The use of category cables for power delivery has been getting lots of attention lately – especially given the changes in NEC (2017), NFPA 70 (2017) and potentially CEC C22.1 (2017 proposed revisions). This attention is related to potential safety issues that may arise when high power, high temperature and high cabling density are present.

The National Fire Protection Association (NFPA), Chapter 3, Table 725.144, “Transmission of Power and Data,” contains information about the ampacity rating of conductors at various temperature ratings based on gauge and bundle size. UL has created LP certifications (optional – not required by code) to identify cables that are designed and tested to carry the marked current under reasonable worst-case installation scenarios without exceeding the cable’s temperature rating.

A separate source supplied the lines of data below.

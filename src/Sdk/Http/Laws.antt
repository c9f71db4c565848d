-- ===== src/Sdk/Http/Laws.antt =====
-- Which requests the two ways to send one put on the wire, redirects included.
use ipgw_meta.Prelude.{arith, ℕ, zero, suc, ◌≡◌, refl, true, false, Option, none, some, []}
use ipgw_meta.Text.{codes}
use ipgw_meta.Sdk.Errors.{Fault}
use ipgw_meta.Sdk.Url.{Url, Decision, follow, stop, reject, https, query_get, same_host, is_https}
use ipgw_meta.Sdk.Url.Laws.{cas_redirect-follow}
use ipgw_meta.Sdk.Machine.{HttpRequest, Reply, Ports, Machine, Exec, Action, sent}
use ipgw_meta.Sdk.Machine.Keeps.{
  Keeps, Traced, Keeps-pure, Keeps-raise, Keeps-check, Keeps-bind, Keeps-catch_with, trace_rules,
}
use ipgw_meta.Sdk.Http.{
  Client, Policy, reject_all, stay, cas, HttpClient, Landing, decide, next_request, exchange, land,
  to_target, after_reply, max_rounds, do_rounds, client_do, request, do_cas_request,
}

-- A redirect that was followed: the jar is kept, and the policy agreed to the address.
pub record Followed (c : Client) (r r' : HttpRequest) : Type 0 where
  pub jar : r'.jar ≡ r.jar
  pub scheme : r'.url.scheme ≡ https
  pub host : same_host r'.url c.cas_login ≡ true
  pub no_user : r'.url.has_user ≡ false
  pub no_ticket : query_get (codes "ticket") r'.url.query ≡ []

next_request_lem :
    (r : HttpRequest) (status : ℕ) (target : Url)
    → ((next_request r status target).url ≡ target) × ((next_request r status target).jar ≡ r.jar)
unfolding next_request
next_request_lem r status target = ground arith

next_request-Followed :
    (c : Client) (r : HttpRequest) (status : ℕ) (target : Url)
    → (target.scheme ≡ https)
      × (same_host target c.cas_login ≡ true)
      × (target.has_user ≡ false)
      × (query_get (codes "ticket") target.query ≡ [])
    → Followed c r (next_request r status target)
next_request-Followed c r status target h =
    let (u, j) = next_request_lem r status target in
    record { jar = j; scheme = rw u h.0; host = rw u h.1; no_user = rw u h.2; no_ticket = rw u h.3 }

decide-follow :
    (p : Ports) (c : Client) (policy : Policy) (r : HttpRequest) (status : ℕ) (target : Url)
    (via : ℕ)
    → decide p c policy target via ≡ follow
    → Followed c r (next_request r status target)
unfolding decide
decide-follow p c (cas service) r status target via h =
    let f = cas_redirect-follow c.cas_login service target via h in
    next_request-Followed c r status target (f.0, f.1, f.2, f.3)
decide-follow p c reject_all r status target via h = absurd (cc)
decide-follow p c stay r status target via h = absurd (cc)

module _ (p : Ports) (c : Client) (Q : Action → Type 0)
    (onward : (r r' : HttpRequest) → Followed c r r' → Q (sent r) → Q (sent r')) where
  exchange-Keeps : (r : HttpRequest) → Q (sent r) → Keeps (Traced Q) (exchange p c r)
  unfolding exchange
  exchange-Keeps r q = search trace_rules

  land-Keeps :
      (d : Decision) (r : HttpRequest) (reply : Reply)
      (further : Exec (Machine p.World) Fault Landing)
      → (d ≡ follow → Keeps (Traced Q) further)
      → Keeps (Traced Q) (land p c d r reply further)
  unfolding land
  land-Keeps follow r reply further k = k refl
  land-Keeps (stop capture) r reply further k = Keeps-pure _
  land-Keeps reject r reply further k = Keeps-raise _

  to_target-Keeps :
      (o : Option Url) (policy : Policy) (via : ℕ) (r : HttpRequest) (reply : Reply)
      (further : HttpRequest → Exec (Machine p.World) Fault Landing)
      → Q (sent r)
      → ((r' : HttpRequest) → Q (sent r') → Keeps (Traced Q) (further r'))
      → Keeps (Traced Q) (to_target p c o policy via r reply further)
  unfolding to_target
  to_target-Keeps none policy via r reply further q k = Keeps-raise _
  to_target-Keeps (some target) policy via r reply further q k =
      land-Keeps (decide p c policy target via) r reply _
        (λ d. k _ (onward r _ (decide-follow p c policy r reply.status target via d) q))

  after_reply-Keeps :
      (policy : Policy) (via : ℕ) (r : HttpRequest) (reply : Reply)
      (further : HttpRequest → Exec (Machine p.World) Fault Landing)
      → Q (sent r)
      → ((r' : HttpRequest) → Q (sent r') → Keeps (Traced Q) (further r'))
      → Keeps (Traced Q) (after_reply p c policy via r reply further)
  unfolding after_reply
  after_reply-Keeps policy via r reply further q k = search (
    trace_rules,
    to_target-Keeps (p.parse_ref r.url reply.location) policy via r reply further q k,
  )

  do_rounds-Keeps :
      (n : ℕ) (policy : Policy) (via : ℕ) (r : HttpRequest)
      → Q (sent r)
      → Keeps (Traced Q) (do_rounds p c n policy via r)
  unfolding do_rounds
  do_rounds-Keeps zero policy via r q = Keeps-raise _
  do_rounds-Keeps (suc n) policy via r q = Keeps-bind _ _ (exchange-Keeps r q) (λ reply.
      after_reply-Keeps policy via r reply _ q (λ r' q'. do_rounds-Keeps n policy (suc via) r' q'))

  pub client_do-Keeps :
      (policy : Policy) (r : HttpRequest) → Q (sent r) → Keeps (Traced Q) (client_do p c policy r)
  unfolding client_do
  client_do-Keeps policy r q = do_rounds-Keeps max_rounds policy 1 r q

  pub request-Keeps :
      (client : HttpClient) (target : Url) (limit : ℕ)
      → Q (sent (record { method = "GET"; url = target; form = []; jar = client.jar }))
      → Keeps (Traced Q) (request p c client target limit)
  unfolding request
  request-Keeps client target limit q =
      Keeps-bind _ _ (Keeps-catch_with _ _ (client_do-Keeps client.policy _ q))
        (λ landing. search trace_rules)

  pub do_cas_request-Keeps :
      (policy : Policy) (r : HttpRequest)
      → (is_https r.url ≡ true → Q (sent r))
      → Keeps (Traced Q) (do_cas_request p c policy r)
  unfolding do_cas_request
  do_cas_request-Keeps policy r q = Keeps-check _ _ _ (λ s.
      Keeps-bind _ _ (Keeps-catch_with _ _ (client_do-Keeps policy r (q s)))
        (λ landing. search trace_rules))
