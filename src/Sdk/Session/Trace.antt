-- ===== src/Sdk/Session/Trace.antt =====
-- What the status and logout operations put on the wire.
use ipgw_meta.Prelude.{ℕ, zero, suc, ◌≡◌, String, true, Option, none, some, []}
use ipgw_meta.Prelude.Results.{Result}
use ipgw_meta.Text.{Bytes, codes}
use ipgw_meta.Sdk.Errors.{GoError, Fault}
use ipgw_meta.Sdk.Url.{Url, https, same_host, same_hostname, is_https, with_param}
use ipgw_meta.Sdk.Machine.{HttpRequest, Ports, Action, sent, emitted, read_credential, prompted}
use ipgw_meta.Sdk.Machine.Keeps.{
  Keeps, Traced, Keeps-lift, Keeps-bind, Keeps-check, Keeps-attempt, Traced-ask, Traced-look,
  Traced-set_locked, Traced-is_locked, Keeps-catch_with, trace_rules,
}
use ipgw_meta.Sdk.Http.{Client, HttpClient, M, new_client, request, do_cas_request, Policy}
use ipgw_meta.Sdk.Http.Laws.{Followed, request-Keeps, do_cas_request-Keeps}
use ipgw_meta.Sdk.Session.{
  SessionState, Status, emit, observe, verify_again, verify_status, logout_online, unlocking,
  late_check, lock_context, locked, reporting, mutating, after_logout_status, logout_call,
}

abbrev pub get : Url → Option ℕ → HttpRequest
get url jar = record { method = "GET"; url = url; form = []; jar = jar }

abbrev pub logout_url : Client → Bytes → Url
logout_url c username =
    with_param (codes "username") username (with_param (codes "action") (codes "logout") c.logout)

abbrev pub activation_url : Client → Bytes → Bytes → Url
activation_url c ac_id ticket =
    with_param (codes "ticket") ticket (with_param (codes "ac_id") ac_id c.activation)

-- A property of actions that everything the SDK may do has.
pub record Admits (c : Client) (Q : Action → Type 0) : Type 0 where
  pub event : (name operation phase outcome : String) → Q (emitted name operation phase outcome)
  pub credential : (username : Bytes) → Q (read_credential username)
  pub prompt : (payload : Bytes) → Q (prompted payload)
  pub status_sent : (jar : Option ℕ) → is_https c.status ≡ true → Q (sent (get c.status jar))
  pub logout_sent :
      (jar : Option ℕ) (username : Bytes)
      → is_https c.logout ≡ true
      → Q (sent (get (logout_url c username) jar))
  pub activation_sent :
      (jar : Option ℕ) (ac_id ticket : Bytes)
      → is_https c.activation ≡ true
      → Q (sent (get (activation_url c ac_id ticket) jar))
  pub cas_sent :
      (r : HttpRequest) → r.url.scheme ≡ https → same_host r.url c.cas_login ≡ true → Q (sent r)
  pub discovery_sent : (url : Url) → same_hostname url c.captive ≡ true → Q (sent (get url none))

module _ (p : Ports) (c : Client) (Q : Action → Type 0) (admits : Admits c Q) where
  pub onward : (r r' : HttpRequest) → Followed c r r' → Q (sent r) → Q (sent r')
  onward r r' f _ = admits.cas_sent r' f.scheme f.host

  pub request-Traced :
      (client : HttpClient) (target : Url) (limit : ℕ)
      → Q (sent (get target client.jar))
      → Keeps (Traced Q) (request p c client target limit)
  request-Traced = request-Keeps p c Q onward

  pub do_cas_request-Traced :
      (policy : Policy) (r : HttpRequest)
      → (is_https r.url ≡ true → Q (sent r))
      → Keeps (Traced Q) (do_cas_request p c policy r)
  do_cas_request-Traced = do_cas_request-Keeps p c Q onward

  pub emit-Traced :
      (name operation phase outcome : String)
      → Keeps (Traced Q) (emit p c name operation phase outcome)
  unfolding emit
  emit-Traced name operation phase outcome =
      search (trace_rules, admits.event name operation phase outcome)

  pub new_client-Traced : (policy : Policy) → Keeps (Traced Q) (new_client p c policy)
  unfolding new_client
  new_client-Traced policy = search trace_rules

  pub observe-Traced : (client : HttpClient) → Keeps (Traced Q) (observe p c client)
  unfolding observe
  observe-Traced client = Keeps-check _ _ _ (λ s.
      Keeps-bind _ _ (request-Traced client c.status _ (admits.status_sent client.jar s))
        (λ bytes. search trace_rules))

  verify_again-Traced :
      (n : ℕ) (client : HttpClient) (expected : SessionState) (username : Bytes) (last : Status)
      → Keeps (Traced Q) (verify_again p c n client expected username last)
  unfolding verify_again
  verify_again-Traced zero client expected username last = search trace_rules
  verify_again-Traced (suc n) client expected username last =
      search (trace_rules, observe-Traced, verify_again-Traced n client expected username)

  pub verify_status-Traced :
      (client : HttpClient) (expected : SessionState) (username : Bytes)
      → Keeps (Traced Q) (verify_status p c client expected username)
  unfolding verify_status
  verify_status-Traced client expected username =
      search (trace_rules, observe-Traced, verify_again-Traced)

  pub logout_online-Traced :
      (client : HttpClient) (username : Bytes)
      → Keeps (Traced Q) (logout_online p c client username)
  unfolding logout_online
  logout_online-Traced client username = Keeps-check _ _ _ (λ s.
      Keeps-bind _ _
        (request-Traced client (logout_url c username) _ (admits.logout_sent client.jar username s))
        (λ bytes. search (trace_rules, verify_status-Traced)))

  unlocking-Traced : {A : Type 0} (r : Result GoError A) → Keeps (Traced Q) (unlocking p c r)
  unfolding unlocking
  unlocking-Traced r = search trace_rules

  late_check-Traced : (late : Option Fault) → Keeps (Traced Q) (late_check p c late)
  unfolding late_check
  late_check-Traced none = search trace_rules
  late_check-Traced (some fault) = search trace_rules

  lock_context-Traced : Keeps (Traced Q) (lock_context p c)
  unfolding lock_context
  lock_context-Traced = Keeps-bind _ _ (Traced-look _) (λ early. Keeps-bind _ _ (Keeps-lift _) (λ _.
      Keeps-bind _ _ Traced-is_locked (λ taken. Keeps-bind _ _ (Traced-ask _) (λ fault.
        Keeps-bind _ _ (Keeps-lift _) (λ _.
          Keeps-bind _ _ (Traced-set_locked true)
            (λ _. Keeps-bind _ _ (Traced-look _) late_check-Traced))))))

  locked-Traced :
      {A : Type 0} (canceled : String) (body : M p c A)
      → Keeps (Traced Q) body
      → Keeps (Traced Q) (locked p c canceled body)
  unfolding locked
  locked-Traced canceled body k =
      Keeps-bind _ _ (Keeps-catch_with _ _ lock_context-Traced)
        (λ _. Keeps-bind _ _ (Keeps-attempt _ k) unlocking-Traced)

  reporting-Traced :
      {A : Type 0} (operation : String) (r : Result GoError A)
      → Keeps (Traced Q) (reporting p c operation r)
  unfolding reporting
  reporting-Traced operation r = search (trace_rules, emit-Traced)

  pub mutating-Traced :
      {A : Type 0} (operation canceled : String) (body : M p c A)
      → Keeps (Traced Q) body
      → Keeps (Traced Q) (mutating p c operation canceled body)
  unfolding mutating
  mutating-Traced operation canceled body k = Keeps-bind _ _ (emit-Traced _ _ _ _) (λ _.
      Keeps-bind _ _ (Keeps-attempt _ (locked-Traced canceled body k)) (reporting-Traced operation))

  pub logout_call-Traced : Keeps (Traced Q) (logout_call p c)
  unfolding logout_call after_logout_status
  logout_call-Traced =
      mutating-Traced _ _ _
        (search (trace_rules, new_client-Traced, observe-Traced, logout_online-Traced))
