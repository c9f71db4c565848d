-- ===== src/Sdk/Activation/Trace.antt =====
-- What challenges and the activation put on the wire.
use ipgw_meta.Prelude.{arith, ◌≡◌, String, true, Option, none, some}
use ipgw_meta.Text.{Bytes}
use ipgw_meta.Text.Laws.{bytes_eq→eq}
use ipgw_meta.Sdk.Url.{Url, https, same_host, same_https_origin, is_https}
use ipgw_meta.Sdk.Machine.{Challenge, Ports, Action}
use ipgw_meta.Sdk.Machine.Keeps.{
  Keeps, Traced, Keeps-bind, Keeps-lift, Keeps-raise, Keeps-check, Keeps-catch_with, trace_rules,
}
use ipgw_meta.Sdk.Http.{Client, reject_all, HttpClient, M}
use ipgw_meta.Sdk.Http.Laws.{client_do-Keeps}
use ipgw_meta.Sdk.Session.Trace.{
  Admits, onward, emit-Traced, new_client-Traced, verify_status-Traced,
}
use ipgw_meta.Sdk.Challenge.{challenge_error, unless_challenged}
use ipgw_meta.Sdk.Activation.{accept_activation, finish_activation}

pub is_https-scheme : (u : Url) → is_https u ≡ true → u.scheme ≡ https
unfolding is_https
is_https-scheme u h = ground (arith, bytes_eq→eq u.scheme https)

pub same_https_origin-parts :
    (u v : Url) → same_https_origin u v ≡ true → (u.scheme ≡ https) × (same_host u v ≡ true)
unfolding same_https_origin
same_https_origin-parts u v h = ground (arith, bytes_eq→eq u.scheme https)

module _ (p : Ports) (c : Client) (Q : Action → Type 0) (admits : Admits c Q) where
  pub challenge_error-Traced :
      {A : Type 0} (method : String) (ch : Challenge)
      → Keeps (Traced Q) (challenge_error p c {A = A} method ch)
  unfolding challenge_error
  challenge_error-Traced method ch =
      Keeps-bind _ _ (emit-Traced p c Q admits _ _ _ _) (λ _. Keeps-raise _)

  pub unless_challenged-Traced :
      {A : Type 0} (method : String) (o : Option Challenge) (rest : M p c A)
      → Keeps (Traced Q) rest
      → Keeps (Traced Q) (unless_challenged p c method o rest)
  unfolding unless_challenged
  unless_challenged-Traced method none rest k = k
  unless_challenged-Traced method (some ch) rest k = challenge_error-Traced method ch

  accept_activation-Traced :
      (client : HttpClient) (method : String) (expected bytes : Bytes)
      → Keeps (Traced Q) (accept_activation p c client method expected bytes)
  unfolding accept_activation
  accept_activation-Traced client method expected bytes = Keeps-bind _ _ (Keeps-lift _) (λ ch.
      unless_challenged-Traced method ch _
        (search (trace_rules, verify_status-Traced p c Q admits)))

  pub finish_activation-Traced :
      (client : HttpClient) (method : String) (expected ac_id ticket : Bytes)
      → Keeps (Traced Q) (finish_activation p c client method expected ac_id ticket)
  unfolding finish_activation
  finish_activation-Traced client method expected ac_id ticket = Keeps-check _ _ _ (λ s.
      Keeps-check _ _ _ (λ _. Keeps-bind _ _ (new_client-Traced p c Q admits reject_all) (λ fresh.
        Keeps-bind _ _
          (Keeps-catch_with _ _ (
            client_do-Keeps p c Q (onward p c Q admits) reject_all _
              (admits.activation_sent client.jar ac_id ticket s)))
          (λ landing. search (trace_rules, accept_activation-Traced)))))
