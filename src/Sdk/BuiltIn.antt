-- ===== src/Sdk/BuiltIn.antt =====
-- client.go: the endpoints and durations of a client that `NewClient` builds.
use ipgw_meta.Prelude.{String, true, false, []}
use ipgw_meta.Text.{Bytes, codes}
use ipgw_meta.Sdk.Url.{Url, https}
use ipgw_meta.Sdk.Http.{Client}

abbrev pub parsed : Bytes → String → String → Url
parsed scheme host path = record {
  scheme = scheme;
  opaque = [];
  has_user = false;
  hostname = codes host;
  port = [];
  path = codes path;
  query = [];
  query_ok = true;
  raw_query = false;
  fragment = [];
}

-- `defaultEndpoints`, and the durations of `NewClient` in milliseconds.
abbrev pub built_in : Client
built_in = record {
  status = parsed https "ipgw.neu.edu.cn" "/cgi-bin/rad_user_info";
  logout = parsed https "ipgw.neu.edu.cn" "/cgi-bin/srun_portal";
  captive = parsed (codes "http") "ipgw.neu.edu.cn" "/";
  cas_login = parsed https "pass.neu.edu.cn" "/tpass/login";
  service = parsed (codes "http") "ipgw.neu.edu.cn" "/srun_portal_sso";
  activation = parsed https "ipgw.neu.edu.cn" "/v1/srun_portal_sso";
  poll_interval = 3000;
  qr_lifetime = 180000;
  verify_delay = 500;
}
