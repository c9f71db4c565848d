-- ===== src/Sdk/Discovery/Laws.antt =====
-- What the discovery puts on the wire: requests without cookies to the host of the portal.
use ipgw_meta.Prelude.{
  arith, zero, suc, ℕ, ◌≡◌, refl, Bool, true, false, Option, none, some, List, [], ◌∷◌, ap, ◌∙◌,
  ◌⊎◌, inl, inr, All, all, length, ◌≤◌,
}
use ipgw_meta.Prelude.Results.{Result, ok, err}
use ipgw_meta.Text.{Bytes, codes, bytes_eq}
use ipgw_meta.Text.Laws.{bytes_eq→eq}
use ipgw_meta.Sdk.Errors.{GoError, Fault}
use ipgw_meta.Sdk.Url.{Url, same_hostname, query_values}
use ipgw_meta.Sdk.Url.Laws.{same_hostname_refl}
use ipgw_meta.Sdk.Machine.{Reply, Ports, Action}
use ipgw_meta.Sdk.Machine.Keeps.{
  Keeps, Traced, Keeps-bind, Keeps-bind-Yields, Keeps-lift, Keeps-raise, Keeps-catch_with,
  trace_rules,
}
use ipgw_meta.Sdk.Machine.Yields.{Yields-lift}
use ipgw_meta.Sdk.Http.{Client, stay, M, read_all, status_response_limit}
use ipgw_meta.Sdk.Http.Laws.{client_do-Keeps}
use ipgw_meta.Sdk.Session.Trace.{Admits, onward, emit-Traced}
use ipgw_meta.Sdk.Discovery.{
  Finding, found, try_next, nothing, valid_discovery_target, location_id, body_finding,
  check_location, unique_ac_id, find_ac_ids, discovery_read_failed, inspect_location, inspect_body,
  inspect, conclude, discover_from, discover_ac_id,
}

location_id-try_next :
    (values : List Bytes) (may_follow : Bool) (location u : Url)
    → location_id values may_follow location ≡ ok (try_next u)
    → location ≡ u
unfolding location_id
location_id-try_next values may_follow location u e = ground arith

valid_discovery_target-host :
    (target gateway : Url)
    → valid_discovery_target target gateway ≡ true
    → same_hostname target gateway ≡ true
unfolding valid_discovery_target
valid_discovery_target-host target gateway h = ground arith

body_finding-try_next :
    (next : Finding) (o : Option Bytes) (u : Url)
    → body_finding next o ≡ ok (try_next u)
    → next ≡ try_next u
unfolding body_finding
body_finding-try_next next none u h = absurd (cc)
body_finding-try_next next (some []) u h = ground arith
body_finding-try_next next (some (c ∷ o)) u h = absurd (cc)

module _ (p : Ports) (c : Client) where
  check_location-try_next :
      (may_follow : Bool) (status : ℕ) (o l : Option Url) (u : Url)
      → check_location p c may_follow status o l ≡ ok (try_next u)
      → same_hostname u c.captive ≡ true
  unfolding check_location
  check_location-try_next may_follow status none l u h = absurd (cc)
  check_location-try_next may_follow status (some r) none u h = absurd (cc)
  check_location-try_next may_follow status (some r) (some location) u h = ground (
    arith,
    location_id-try_next (query_values (codes "ac_id") location.query) may_follow location u,
    valid_discovery_target-host location c.captive,
  )

  inspect_location-try_next :
      (may_follow : Bool) (reply : Reply) (base u : Url)
      → inspect_location p c may_follow reply base ≡ ok (try_next u)
      → same_hostname u c.captive ≡ true
  unfolding inspect_location
  inspect_location-try_next may_follow reply base u h = ground (
    arith,
    check_location-try_next may_follow reply.status (p.parse_url reply.location)
        (p.parse_ref base reply.location) u,
  )

  inspect_body-try_next :
      (reply : Reply) (next : Finding) (u : Url)
      → inspect_body p c reply next ≡ ok (try_next u)
      → next ≡ try_next u
  unfolding inspect_body
  inspect_body-try_next reply (found ac_id w) u h = absurd (cc)
  inspect_body-try_next reply (try_next v) u h = read_next (read_all status_response_limit reply) h
    where
      read_next :
          (r : Result Fault Bytes)
          → ◌≡◌ {A = Result GoError Finding}
              (elim r [
                | err f ↦ err (discovery_read_failed f)
                | ok bytes ↦ body_finding (try_next v) (unique_ac_id (find_ac_ids false bytes))
              ])
              (ok (try_next u))
          → try_next v ≡ try_next u
      read_next (err f) k = absurd (cc)
      read_next (ok bytes) k = body_finding-try_next (try_next v) _ u k
  inspect_body-try_next reply nothing u h = read_next (read_all status_response_limit reply) h
    where
      read_next :
          (r : Result Fault Bytes)
          → ◌≡◌ {A = Result GoError Finding}
              (elim r [
                | err f ↦ err (discovery_read_failed f)
                | ok bytes ↦ body_finding nothing (unique_ac_id (find_ac_ids false bytes))
              ])
              (ok (try_next u))
          → nothing ≡ try_next u
      read_next (err f) k = absurd (cc)
      read_next (ok bytes) k = body_finding-try_next nothing _ u k

  -- A discovery response leads on only to the host of the portal.
  pub inspect-try_next :
      (may_follow : Bool) (reply : Reply) (base u : Url)
      → inspect p c may_follow reply base ≡ ok (try_next u)
      → same_hostname u c.captive ≡ true
  unfolding inspect
  inspect-try_next may_follow reply base u h =
      cases (inspect_location p c may_follow reply base) refl h
    where
      cases :
          (r : Result GoError Finding)
          → inspect_location p c may_follow reply base ≡ r
          → ◌≡◌ {A = Result GoError Finding}
              (elim r [ err e ↦ err e | ok next ↦ inspect_body p c reply next ])
              (ok (try_next u))
          → same_hostname u c.captive ≡ true
      cases (err e) x k = absurd (cc)
      cases (ok next) x k =
          inspect_location-try_next may_follow reply base u
            (x ∙ ap ok (inspect_body-try_next reply next u k))

module _ (p : Ports) (c : Client) (Q : Action → Type 0) (admits : Admits c Q) where
  conclude-Traced :
      (f : Finding) (further : Url → M p c Bytes)
      → ((u : Url) → f ≡ try_next u → Keeps (Traced Q) (further u))
      → Keeps (Traced Q) (conclude p c f further)
  unfolding conclude
  conclude-Traced (found ac_id w) further k = search (trace_rules, emit-Traced p c Q admits)
  conclude-Traced (try_next u) further k = k u refl
  conclude-Traced nothing further k = Keeps-raise _

  discover_from-Traced :
      (n : ℕ) (first : Bool) (target : Url)
      → same_hostname target c.captive ≡ true
      → Keeps (Traced Q) (discover_from p c n first target)
  unfolding discover_from
  discover_from-Traced zero first target h = Keeps-raise _
  discover_from-Traced (suc n) first target h =
      Keeps-bind _ _
        (Keeps-catch_with _ _
          (client_do-Keeps p c Q (onward p c Q admits) stay _ (admits.discovery_sent target h)))
        (λ landing.
          Keeps-bind-Yields (λ f. inspect p c first landing.reply landing.url ≡ ok f) _ _
            (Keeps-lift _) (Yields-lift _ (λ f e. e))
            (λ f e. conclude-Traced f _ (λ u x.
              discover_from-Traced n false u
                (inspect-try_next p c first landing.reply landing.url u (e ∙ ap ok x)))))

  pub discover_ac_id-Traced : Keeps (Traced Q) (discover_ac_id p c)
  unfolding discover_ac_id
  discover_ac_id-Traced = discover_from-Traced 2 true c.captive (same_hostname_refl c.captive)

all_equal :
    (x y : Bytes) (ys : List Bytes) → y ≡ x → all (bytes_eq y) ys ≡ true → All (λ z. z ≡ x) ys
all_equal x y [] e h = tt
all_equal x y (z ∷ zs) e h =
    let (same, others) = split_all y z zs h in
    (ground (arith, bytes_eq→eq y z same, e), all_equal x y zs e others)
  where
    split_all :
        (y z : Bytes) (zs : List Bytes)
        → all (bytes_eq y) (z ∷ zs) ≡ true
        → (bytes_eq y z ≡ true) × (all (bytes_eq y) zs ≡ true)
    split_all y z zs h = ground arith

-- If the candidates that were found in a body yield an ID, there are none of them, or they are at
-- most 32 and all of them are this ID.
pub unique_ac_id-agrees :
    (xs : List Bytes) (x : Bytes)
    → unique_ac_id xs ≡ some x
    → (xs ≡ []) ⊎ (All (λ y. y ≡ x) xs × (length xs ≤ 32))
unfolding unique_ac_id
unique_ac_id-agrees [] x h = inl refl
unique_ac_id-agrees (y ∷ ys) x h =
    let same : (all (bytes_eq y) ys ≡ true) × (y ≡ x) × (length (y ∷ ys) ≤ 32) = ground arith in
    inr ((same.1, all_equal x y ys same.1 same.0), same.2)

This arose through an allowance in the older version of NEC, which allowed electricians to substitute Class 2 and Class 3 data cables (category cables) for 18 AWG wire in certain instances.

In theory, it all sounds well and good. But, as current increases, so does temperature (and, from a data perspective, performance drops), so we should be concerned about it. If nothing else, power delivery – and the safe use of power – is important. The negative implications in the built environment, however, may be somewhat fewer than what we have feared. Much of this fear was generated by uncertainty and a resistance to change when the information was published by NFPA without much forewarning. 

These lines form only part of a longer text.